Gaussian splatting (GS) along with its extensions and variants provides outstanding performance in real-time scene rendering while meeting reduced storage demands and computational efficiency. While the selection of 2D images capturing the scene of interest is crucial for the proper initialization and training of GS, hence markedly affecting the rendering performance, prior works rely on passively and typically densely selected 2D images. In contrast, this paper proposes `ActiveInitSplat', a novel framework for active selection of training images for proper initialization and training of GS. ActiveInitSplat relies on density and occupancy criteria of the resultant 3D scene representation from the selected 2D images, to ensure that the latter are captured from diverse viewpoints leading to better scene coverage and that the initialized Gaussian functions are well aligned with the actual 3D structure. Numerical tests on well-known simulated and real environments demonstrate the merits of ActiveInitSplat resulting in significant GS rendering performance improvement over passive GS baselines in both dense- and sparse-view settings, in the widely adopted LPIPS, SSIM, and PSNR metrics.

Paper Structure

This paper contains 14 sections, 7 equations, 5 figures, 6 tables, 1 algorithm.

Figures (5)

  • Figure 1: ActiveInitSplat in a nutshell. In contrast to existing Gaussian splatting (GS) methods that rely on passively (and possibly densely) collected 2D images of the scene of interest (upper part), ActiveInitSplat actively selects informative images to assist the initialization and training of GS (lower part).

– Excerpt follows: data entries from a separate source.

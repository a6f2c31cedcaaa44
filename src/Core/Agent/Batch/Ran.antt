-- ===== src/Core/Agent/Batch/Ran.antt =====
-- What the execution of a batch does to the agent.
use simple_ai_agent.Common.{
  ℕ, ◌+◌, ◌≤◌, ◌≡◌, refl, sym, ◌∙◌, String, true, ◌==◌, eq_iff, Option, none, some, List, [], ◌∷◌,
  arith, length, lookup, Bool-cases, Option-cases, inl, inr,
}
use simple_ai_agent.Core.Json.{Members}
use simple_ai_agent.Core.Protocol.{ToolCall}
use simple_ai_agent.Core.Registry.{ToolSpec, ToolRegistry, names, has_tool}
use simple_ai_agent.Core.Agent.{Tools, Agent, max_batch_tool_calls}
use simple_ai_agent.Core.Agent.Batch.{
  Execution, observe, missing_tool, settle, complete_audit, execute_one_tool_call, is_failed,
  execute_from, execute_tool_batch, take_calls, execute_limited,
}
use simple_ai_agent.Core.Agent.Batch.Order.{length-take_calls}
use simple_ai_agent.Core.Agent.Change.{
  Added, Added-none, Added-one, Added-trans, Added-weaken, IsKnown,
}

lookup-has_tool :
    (name : String) (registry : ToolRegistry) (spec : ToolSpec)
    → lookup name registry ≡ some spec
    → has_tool registry name ≡ true
unfolding lookup has_tool names
lookup-has_tool name [] spec h = ground arith
lookup-has_tool name (entry ∷ rest) spec h = elim (Bool-cases (name == entry.0)) [
  | inl same ↦
      let found : (entry.0 == name) ≡ true =
        (eq_iff (entry.0) name).1 (sym ((eq_iff name (entry.0)).0 same)) in
      ground (arith, found)
  | inr other ↦
      let rest_has = lookup-has_tool name rest spec (ground (arith, h, other)) in
      grind (arith, rest_has)
]

module _ (tools : Tools) where
  -- Only registered tools are called; the messages and the requests stay as they are.
  pub record Ran (x : ℕ) (a b : Agent) : Type 0 where
    pub ran : Added (IsKnown tools) x a.executed b.executed
    pub messages : b.messages ≡ a.messages
    pub requests : b.requests ≡ a.requests

  Ran-trans : {x y : ℕ} {a b c : Agent} → Ran x a b → Ran y b c → Ran (x + y) a c
  Ran-trans h k = record {
    ran = Added-trans (IsKnown tools) h.ran k.ran;
    messages = k.messages ∙ h.messages;
    requests = k.requests ∙ h.requests;
  }

  Ran-weaken : {x y : ℕ} {a b : Agent} → x ≤ y → Ran x a b → Ran y a b
  Ran-weaken le h = record {
    ran = Added-weaken (IsKnown tools) le h.ran;
    messages = h.messages;
    requests = h.requests;
  }

  settle-Ran :
      (x : ℕ) (id : Option String) (e : Execution) (a b : Agent)
      → Ran x a b
      → Ran x a ((settle id e b).1)
  unfolding settle complete_audit
  settle-Ran x none e a b h = h
  settle-Ran x (some id) e a b h = record {
    ran = h.ran;
    messages = h.messages;
    requests = h.requests;
  }

  execute_one-Ran :
      (action : String) (input : Members) (a : Agent)
      → Ran 1 a ((execute_one_tool_call tools action input a).1)
  unfolding execute_one_tool_call IsKnown
  execute_one-Ran action input a =
      let id = tools.start_audit a.audit_starts in
      elim (Option-cases (lookup action tools.registry)) [
        | inl missing ↦
            rw (execute_one_tool_call, missing)
              (settle-Ran 1 id (missing_tool tools action) a _ record {
                ran =
                    Added-weaken (IsKnown tools) (omega arith)
                      (Added-none (IsKnown tools) a.executed);
                messages = refl;
                requests = refl;
              })
        | inr (spec, found) ↦
            rw (execute_one_tool_call, found)
              (settle-Ran 1 id (observe action (tools.call (length a.executed) spec input)) a _
                record {
                  ran =
                      Added-one (IsKnown tools) a.executed _
                        (lookup-has_tool action tools.registry spec found);
                  messages = refl;
                  requests = refl;
                })
      ]

  execute_from-Ran :
      (total i : ℕ) (calls : List ToolCall) (a : Agent)
      → Ran (length calls) a ((execute_from tools total i calls a).1)
  unfolding execute_from
  execute_from-Ran total i [] a = record {
    ran = Added-none (IsKnown tools) a.executed;
    messages = refl;
    requests = refl;
  }
  execute_from-Ran total i (c ∷ cs) a =
      let first = execute_one-Ran c.action c.tool_input a in
      let b = (execute_one_tool_call tools c.action c.tool_input a).1 in
      elim (Bool-cases
        (is_failed ((execute_one_tool_call tools c.action c.tool_input a).0).status)) [
          | inl failing ↦ rw failing (Ran-weaken (omega arith) first)
          | inr fine ↦
              rw fine
                (Ran-weaken (omega arith) (Ran-trans first (execute_from-Ran total (i + 1) cs b)))
        ]

  -- A batch calls ten tools at most.
  pub execute_limited-Ran :
      (calls : List ToolCall) (a : Agent)
      → Ran max_batch_tool_calls a ((execute_limited tools calls a).1)
  unfolding execute_limited execute_tool_batch
  execute_limited-Ran calls a =
      let first = take_calls max_batch_tool_calls calls in
      Ran-weaken (length-take_calls tools max_batch_tool_calls calls)
        (execute_from-Ran (length first) 1 first a)
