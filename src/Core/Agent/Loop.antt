-- ===== src/Core/Agent/Loop.antt =====
-- `Agent._step` of core/agent.py.
use simple_ai_agent.Common.{
  ℕ, zero, suc, ◌+◌, ◌-◌, String, Bool, not, ◌&&◌, Option, none, some, List, [], ◌∷◌, ◌++◌, ◌==◌,
  ok, err, pure, raise, gets, modify, raise_if, ◌>>=◌, ◌>>◌, ltb, eqb, contains, length,
  if◌then◌else◌,
}
use simple_ai_agent.Core.Protocol.{Reader, ToolCall, Kind, is_empty}
use simple_ai_agent.Core.Agent.{
  Reply, BatchToolRecord, Role, words, finish_now, retry_empty, retry_invalid, no_calls_provided,
  call_summary, Message, said, asks, chat_request, output_request, Tools, Llm, Agent, StepResult,
  answered, configuration_mismatch, unsupported_api_type, empty_response, too_many_steps,
  request_failed, invalid_response, Exit, finished, escaped, Work, max_steps, max_retries,
  max_empty_retries,
}
use simple_ai_agent.Core.Agent.Batch.{execute_limited}
use simple_ai_agent.Core.Agent.Reading.{
  is_nil, zip, messages_with_context, is_effectively_empty, Interpreted, outputs_of, results_of,
  memory_of, interpret,
}

-- The agent at the start of `_step`.
unfoldable pub begin : String → Agent → Agent
begin user_input a = record a {
  messages = a.messages ++ said Role.user (words user_input) ∷ [];
  retry_count = 0;
  empty_retry_count = 0;
}

unfoldable pub add_message : Message → Work (Unit {0})
add_message m = modify (λ a. record a { messages = a.messages ++ m ∷ [] })

-- `return`
unfoldable pub stop : {A : Type 0} → StepResult → Work A
stop r = raise (finished r)

module _ (reader : Reader) (llm : Llm) (tools : Tools) where
  -- The outputs of pending native calls are sent; they stay pending if the request fails.
  unfoldable pub submit_outputs : Work Reply
  unfolding outputs_of stop
  submit_outputs = do
    outputs ← gets (λ a. outputs_of a.pending)
    n ← gets (λ a. length a.requests)
    modify (λ a. record a { requests = a.requests ++ output_request outputs ∷ [] })
    elim (llm.submit_tool_outputs n outputs) [
      | err e ↦ stop (request_failed e)
      | ok reply ↦ modify (λ a. record a { pending = [] }) >> pure reply
    ]

  unfoldable pub chat : Work Reply
  unfolding messages_with_context stop
  chat = do
    n ← gets (λ a. length a.requests)
    messages ← gets (λ a. messages_with_context (llm.runtime_context n) a.messages)
    modify (λ a. record a { requests = a.requests ++ chat_request messages ∷ [] })
    elim (llm.chat n messages) [ err e ↦ stop (request_failed e) | ok reply ↦ pure reply ]

  -- The request of a turn.
  unfoldable pub ask : Work Reply
  unfolding is_nil submit_outputs chat
  ask a =
      if not (is_nil a.pending) && llm.supports_native_tool_outputs
      then submit_outputs a
      else chat a

  -- The guards before the request.
  unfoldable pub check_client : Work (Unit {0})
  unfolding stop
  check_client = do
    raise_if (not (llm.state_api_type == llm.api_type)) (finished configuration_mismatch)
    raise_if
        (llm.supports_native_tools
          && not (contains llm.api_type ("chat_completions" ∷ "responses" ∷ [])))
        (finished unsupported_api_type)
    raise_if (llm.supports_native_tools && not llm.tools_fit) escaped

  -- The last turn but one asks for the answer.
  unfoldable pub remind : ℕ → Work (Unit {0})
  unfolding add_message
  remind step =
      if eqb step (max_steps - 1) then add_message (said Role.user (finish_now step)) else pure tt

  -- A response that is empty is asked for again, twice at most.
  unfoldable pub retry_if_empty : Work (Unit {0})
  unfolding add_message stop
  retry_if_empty = do
    tried ← gets (λ a. a.empty_retry_count)
    raise_if (not (ltb tried max_empty_retries)) (finished empty_response)
    add_message (said Role.user (retry_empty llm.supports_native_tools))
    modify (λ a. record a { empty_retry_count = a.empty_retry_count + 1 })

  unfoldable pub retry_if_invalid : Interpreted → Work (Unit {0})
  unfolding add_message
  retry_if_invalid i = do
    tried ← gets (λ a. a.retry_count)
    raise_if (not (ltb tried max_retries)) (finished (invalid_response i.parsed.error))
    add_message (said Role.assistant (words i.reply))
    add_message (said Role.user (retry_invalid i.parsed.error))
    modify (λ a. record a { retry_count = a.retry_count + 1 })

  abbrev pub is_chat : Bool
  is_chat = llm.api_type == "chat_completions"

  -- What the memory keeps of the request for calls.
  unfoldable pub remember_request : Interpreted → Work (Unit {0})
  unfolding is_nil add_message
  remember_request i =
      if not (is_nil i.native)
      then (if is_chat
          then add_message (asks i.reply i.native)
          else if llm.supports_native_tool_outputs
          then pure tt
          else add_message (said Role.assistant (call_summary i.native)))
      else if i.parsed.consumed_tool_call_markup
      then (if is_empty (reader.strip i.parsed.assistant_text)
          then pure tt
          else add_message (said Role.assistant (words (reader.strip i.parsed.assistant_text))))
      else add_message (said Role.assistant (words i.reply))

  -- What it keeps of the results, and what is pending.
  unfoldable pub remember_results : Interpreted → List BatchToolRecord → Work (Unit {0})
  unfolding is_nil zip results_of memory_of add_message
  remember_results i records =
      if not (is_nil i.native) && is_chat
      then modify (λ a. record a { messages = a.messages ++ results_of (zip records i.native) })
      else if not (is_nil i.native) && llm.supports_native_tool_outputs
      then modify (λ a. record a { pending = zip records i.native })
      else add_message (memory_of records)

  unfoldable pub call_tools : List ToolCall → Work (List BatchToolRecord)
  unfolding execute_limited
  call_tools calls a = let (records, b) = execute_limited tools calls a in (ok records, b)

  -- The calls of a response are executed and remembered.
  unfoldable pub execute_calls : Interpreted → List ToolCall → Work (Unit {0})
  unfolding call_tools remember_results add_message
  execute_calls i [] = add_message (said Role.user no_calls_provided)
  execute_calls i (call ∷ rest) = call_tools (call ∷ rest) >>= remember_results i

  -- The branch of calls.
  unfoldable pub use_tools : Interpreted → Work (Unit {0})
  unfolding remember_request execute_calls
  use_tools i = do remember_request i; execute_calls i i.parsed.tool_calls

  -- The branches by the kind of the response, once it is not empty.
  unfoldable pub respond : Interpreted → Work (Unit {0})
  unfolding use_tools add_message stop retry_if_invalid
  respond i = elim i.parsed.kind [
    | Kind.invalid ↦ retry_if_invalid i
    | Kind.tool ↦ do modify (λ a. record a { retry_count = 0 }); use_tools i
    | Kind.final ↦ do
      modify (λ a. record a {
        retry_count = 0;
        pending = [];
        messages = a.messages ++ said Role.assistant (words i.reply) ∷ [];
      })
      stop (answered i.parsed.final)
  ]

  unfoldable pub react : Interpreted → Work (Unit {0})
  unfolding is_effectively_empty retry_if_empty respond
  react i =
      if is_effectively_empty i.parsed
      then retry_if_empty
      else do modify (λ a. record a { empty_retry_count = 0 }); respond i

  -- A reply that cannot be interpreted ends the step with an exception.
  unfoldable pub react_to : Option Interpreted → Work (Unit {0})
  unfolding react
  react_to none = raise escaped
  react_to (some i) = react i

  -- One turn of the loop; it returns if another one follows.
  unfoldable pub run_turn : ℕ → Work (Unit {0})
  unfolding remind check_client ask interpret react_to
  run_turn step = do remind step; check_client; reply ← ask; react_to (interpret reader reply)

  -- The turns that `range` has left.
  unfoldable pub turns : ℕ → ℕ → Agent → Exit × Agent
  unfolding run_turn
  turns zero step a = (finished too_many_steps, a)
  turns (suc left) step a =
      let (r, b) = run_turn step a in elim r [ ok u ↦ turns left (step + 1) b | err e ↦ (e, b) ]

  -- `_step`
  unfoldable pub step : String → Agent → Exit × Agent
  unfolding begin turns
  step user_input a = turns max_steps 1 (begin user_input a)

The active selection mechanism lies on optimizing a (black-box) function quantifying the quality of the resultant 3D point cloud from the selected images via density and occupancy criteria. The collected images are captured from diverse viewpoints, ensuring better scene coverage and facilitating the accurate alignment of the initialized Gaussian functions with the underlying 3D structure.
  • Figure 2: Active viewpoint selection process using Gaussian process-based surrogate modeling for black-box optimization.
  • Figure 3: Visual comparison of ActiveInitSplat with the passive selection counterparts in real-world datasets. For each dataset, we illustrate a single indicative test image where the differences are shown with the annotated yellow dashed boxes. When using ActiveInitSplat, the rendered images are closer to the ground-truth ones.
  • Figure 4: The value of (a) $r_q$ function, (b) LPIPS, (c) SSIM, and (d) PSNR at each iteration of the selection process for all competing methods in the simulated 'office 4' environment replica19arxiv where any viewpoint in the 3D space can be selected at each iteration. After 10 iterations, ActiveInitSplat results in higher quality 3D scene representation compared to baselines, along with superior GS rendering performance. In addition, ActiveInitSplat converges faster to the desired rendering performance.
  • Figure 5: Visual comparison of ActiveInitSplat with the passive selection counterparts in the real-world drone-test platform on three indicative test (novel) viewpoints. These test views are captured from diverse angles and include not only the building within the sports field but also the broader surroundings, including background buildings, trees, and roads, which are particularly challenging to capture in such a large-scale environment. It is evident that the rendered images from ActiveInitSplat have substantially improved quality compared to the passive counterpart.